■ Records supplied:
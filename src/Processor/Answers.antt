-- ===== src/Processor/Answers.antt =====
-- What a response makes of the queue of requests, src/core/bep_processor.rs.
use grizol.Prelude.{
  ℕ, zero, suc, ◌+◌, ◌≤◌, ◌<◌, ◌∙◌, ◌≡◌, refl, sym, subst, ◌⊎◌, inl, inr, true, false, length, ◌==◌,
  Option, none, some, List, [], ◌∷◌, if◌then◌else◌, arith,
}
use grizol.Prelude.Int.{ℤ, pos, negsuc}
use grizol.Prelude.Keys.{int_eq, lookup, erase, lookup-erase}
use grizol.Prelude.Outcome.{Outcome, ok, panic, ◌>>=◌, >>=-eq-ok}
use grizol.Proto.{Request, Response}
use grizol.Requests.Keys.{OutgoingRequest, key_eq, to_outgoing}
use grizol.Requests.{OutgoingRequests, as_usize, contains, discard, get, remove}
use grizol.Processor.Responses.{
  BepProcessorError, no_associated_request, error_in_response, EventResult, failed, result_of,
  Stored, process_response, handle_response,
}

contains-discard :
    (k : OutgoingRequest) (xs : List OutgoingRequest) → contains k (discard k xs) ≡ false
unfolding contains discard
contains-discard k [] = refl
contains-discard k (x ∷ xs) = ground (arith, contains-discard k xs)

-- The queue `t` without the request of an id, which is not pending any more and whose bytes are given back.
abbrev pub Forgets : Type 0 → ℤ → OutgoingRequests → OutgoingRequests → Type 0
Forgets E id t s' =
    ((get id t ≡ none) × (s' ≡ t))
    ⊎ ((r : Request) × (k : OutgoingRequest) × (get id t ≡ some r)
        × (◌≡◌ {A = Outcome E OutgoingRequest} (to_outgoing r) (ok k))
        × (contains k s'.pending_requests ≡ false)
        × (s'.requested_size + as_usize k.size ≡ t.requested_size)
        × ((j : ℤ) → get j s' ≡ (if int_eq.beq id j then none else get j t)))

RemovedQueue : ℤ → OutgoingRequest → OutgoingRequests → OutgoingRequests → Type 0
RemovedQueue id k t s' =
    (s'.requests_by_id ≡ erase id t.requests_by_id)
    × (s'.pending_requests ≡ discard k t.pending_requests)
    × (s'.requested_size + as_usize k.size ≡ t.requested_size)

key_of : Request → OutgoingRequest
key_of r = record {
  folder = r.folder;
  name = r.name;
  offset = r.offset;
  size = r.size;
  hash = r.hash;
  from_temporary = r.from_temporary;
}

remove-removed :
    {E : Type 0} (id : ℤ) (t s' : OutgoingRequests) (res : Option Request) (r : Request)
    → get id t ≡ some r
    → remove {E = E} id t ≡ ok (res, s')
    → ((length r.hash == 32) ≡ true) × RemovedQueue id (key_of r) t s'
unfolding remove key_of RemovedQueue
remove-removed id t s' res r g h = ground (arith, g, h)

remove-none :
    {E : Type 0} (id : ℤ) (t s' : OutgoingRequests) (res : Option Request)
    → get id t ≡ none
    → remove {E = E} id t ≡ ok (res, s')
    → s' ≡ t
unfolding remove
remove-none id t s' res g h = ground (arith, g, h)

remove-Forgets_from :
    {E : Type 0} (id : ℤ) (t s' : OutgoingRequests) (res o : Option Request)
    → get id t ≡ o
    → remove {E = E} id t ≡ ok (res, s')
    → Forgets E id t s'
unfolding key_of RemovedQueue
remove-Forgets_from {E} id t s' res none g h = inl (g, remove-none {E = E} id t s' res g h)
remove-Forgets_from {E} id t s' res (some r) g h =
    let (long, (ids, pending, size)) = remove-removed {E = E} id t s' res r g h in
    inr (
      r,
      key_of r,
      g,
      rw long refl,
      subst (λ xs. contains (key_of r) xs ≡ false) (sym pending)
          (contains-discard (key_of r) t.pending_requests),
      size,
      λ j.
          subst (λ m. lookup j m ≡ (if int_eq.beq id j then none else lookup j t.requests_by_id))
            (sym ids) (lookup-erase id j t.requests_by_id),
    )

pair_eq :
    {E A : Type 0} (a b : A) (s t : OutgoingRequests)
    → ◌≡◌ {A = Outcome E (A × OutgoingRequests)} (ok (a, s)) (ok (b, t))
    → (b ≡ a) × (t ≡ s)
pair_eq a b s t e = (cc, cc)

module _ {E : Type 0} (stored : Stored E) where
  -- What `handle_response` answers, and what it makes of the queue.
  pub data Answered (response : Response) (s s' : OutgoingRequests)
      : List EventResult → Type 0 where
    -- The data went to `store_response_data`, which left the queue `t`.
    processed :
        (request : Request) (e : Option BepProcessorError) (t : OutgoingRequests)
        → response.code ≡ pos 0
        → get response.id s ≡ some request
        → stored request response s ≡ ok (e, t)
        → Forgets E response.id t s'
        → Answered response s s' (result_of e ∷ [])
    unknown :
        response.code ≡ pos 0
        → get response.id s ≡ none
        → s' ≡ s
        → Answered response s s' (failed no_associated_request ∷ [])
    refused :
        (n : ℕ)
        → response.code ≡ pos n
        → 1 ≤ n
        → n ≤ 3
        → s' ≡ s
        → Answered response s s' (failed error_in_response ∷ [])

  process_unknown :
      (response : Response) (s : OutgoingRequests)
      → get response.id s ≡ none
      → process_response stored response s ≡ ok (failed no_associated_request, s)
  unfolding process_response
  process_unknown response s g = rw g refl

  process_known :
      (response : Response) (s : OutgoingRequests) (request : Request)
      → get response.id s ≡ some request
      → process_response stored response s ≡ (
          stored request response s >>= λ x.
          remove response.id x.1 >>= λ y. ok (result_of x.0, y.1))
  unfolding process_response
  process_known response s request g = rw g refl

  process-Answered :
      (response : Response) (s s' : OutgoingRequests) (res : EventResult) (o : Option Request)
      → response.code ≡ pos 0
      → get response.id s ≡ o
      → process_response stored response s ≡ ok (res, s')
      → Answered response s s' (res ∷ [])
  process-Answered response s s' res none c g h =
      let (same, left) =
        pair_eq {E = E} (failed no_associated_request) res s s'
          (sym (process_unknown response s g) ∙ h) in
      subst (λ r. Answered response s s' (r ∷ [])) (sym same) (unknown c g left)
  process-Answered response s s' res (some request) c g h =
      let (x, e₁, e₂) =
        >>=-eq-ok (stored request response s) _ (sym (process_known response s request g) ∙ h) in
      let (y, e₃, e₄) = >>=-eq-ok (remove {E = E} response.id x.1) _ e₂ in
      let (same, left) = pair_eq {E = E} (result_of x.0) res y.1 s' e₄ in
      subst (λ r. Answered response s s' (r ∷ [])) (sym same)
        (processed request x.0 x.1 c g e₁ (
          subst (Forgets E response.id x.1) (sym left)
            (remove-Forgets_from {E = E} response.id x.1 y.1 y.0 (get response.id x.1) refl e₃)))

  handle_no_error :
      (response : Response) (s : OutgoingRequests)
      → response.code ≡ pos 0
      → handle_response stored response s
        ≡ (process_response stored response s >>= λ x. ok (x.0 ∷ [], x.1))
  unfolding handle_response
  handle_no_error response s c = rw c refl

  handle_error :
      (response : Response) (s : OutgoingRequests) (n : ℕ)
      → n < 3
      → response.code ≡ pos (suc n)
      → handle_response stored response s ≡ ok (failed error_in_response ∷ [], s)
  unfolding handle_response
  handle_error response s zero l c = rw c refl
  handle_error response s (suc zero) l c = rw c refl
  handle_error response s (suc (suc zero)) l c = rw c refl
  handle_error response s (suc (suc (suc n))) l c = absurd (omega arith)

  handle_unknown_code :
      (response : Response) (s : OutgoingRequests) (n : ℕ)
      → response.code ≡ pos (suc (suc (suc (suc n))))
      → handle_response stored response s ≡ panic
  unfolding handle_response
  handle_unknown_code response s n c = rw c refl

  handle_negative :
      (response : Response) (s : OutgoingRequests) (n : ℕ)
      → response.code ≡ negsuc n
      → handle_response stored response s ≡ panic
  unfolding handle_response
  handle_negative response s n c = rw c refl

  refused-Answered :
      (response : Response) (s s' : OutgoingRequests) (res : List EventResult) (n : ℕ)
      → n < 3
      → response.code ≡ pos (suc n)
      → handle_response stored response s ≡ ok (res, s')
      → Answered response s s' res
  refused-Answered response s s' res n l c h =
      let (same, left) =
        pair_eq {E = E} (failed error_in_response ∷ []) res s s'
          (sym (handle_error response s n l c) ∙ h) in
      subst (Answered response s s') (sym same) (refused (suc n) c (omega arith) (omega arith) left)

  handle-Answered :
      (response : Response) (s s' : OutgoingRequests) (res : List EventResult) (c : ℤ)
      → response.code ≡ c
      → handle_response stored response s ≡ ok (res, s')
      → Answered response s s' res
  handle-Answered response s s' res (pos zero) c h =
      let (x, e₁, e₂) =
        >>=-eq-ok (process_response stored response s) _ (sym (handle_no_error response s c) ∙ h) in
      let (same, left) = pair_eq {E = E} (x.0 ∷ []) res x.1 s' e₂ in
      subst (Answered response s s') (sym same) (
        process-Answered response s s' x.0 (get response.id s) c refl
          (subst (λ t. process_response stored response s ≡ ok (x.0, t)) (sym left) e₁))
  handle-Answered response s s' res (pos (suc zero)) c h =
      refused-Answered response s s' res 0 (omega arith) c h
  handle-Answered response s s' res (pos (suc (suc zero))) c h =
      refused-Answered response s s' res 1 (omega arith) c h
  handle-Answered response s s' res (pos (suc (suc (suc zero)))) c h =
      refused-Answered response s s' res 2 (omega arith) c h
  handle-Answered response s s' res (pos (suc (suc (suc (suc n))))) c h =
      let unwinds = handle_unknown_code response s n c in absurd (cc)
  handle-Answered response s s' res (negsuc n) c h =
      let unwinds = handle_negative response s n c in absurd (cc)

  -- When handle_response returns, the code of the response is one of the four known ones. If it is
  -- no error and the queue has a request for the id, then the data was given to store_response_data
  -- with this request, the event tells its outcome, and of the queue that it left the request of the
  -- id is gone, also from the pending ones, its bytes are given back, and the other ids keep theirs,
  -- or the id had none there any more and the queue stays; if the queue has no request for the id,
  -- the answer is no_associated_request and the queue stays; for the other codes it is
  -- error_in_response, and the queue stays, with the request.
  pub handle_response-Answered :
      (response : Response) (s s' : OutgoingRequests) (res : List EventResult)
      → handle_response stored response s ≡ ok (res, s')
      → Answered response s s' res
  handle_response-Answered response s s' res h =
      handle-Answered response s s' res response.code refl h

■ Exercise details:
When the word "makes" shows up in a line of the material, count that line; report only the final number.

■ Result for this exercise:
2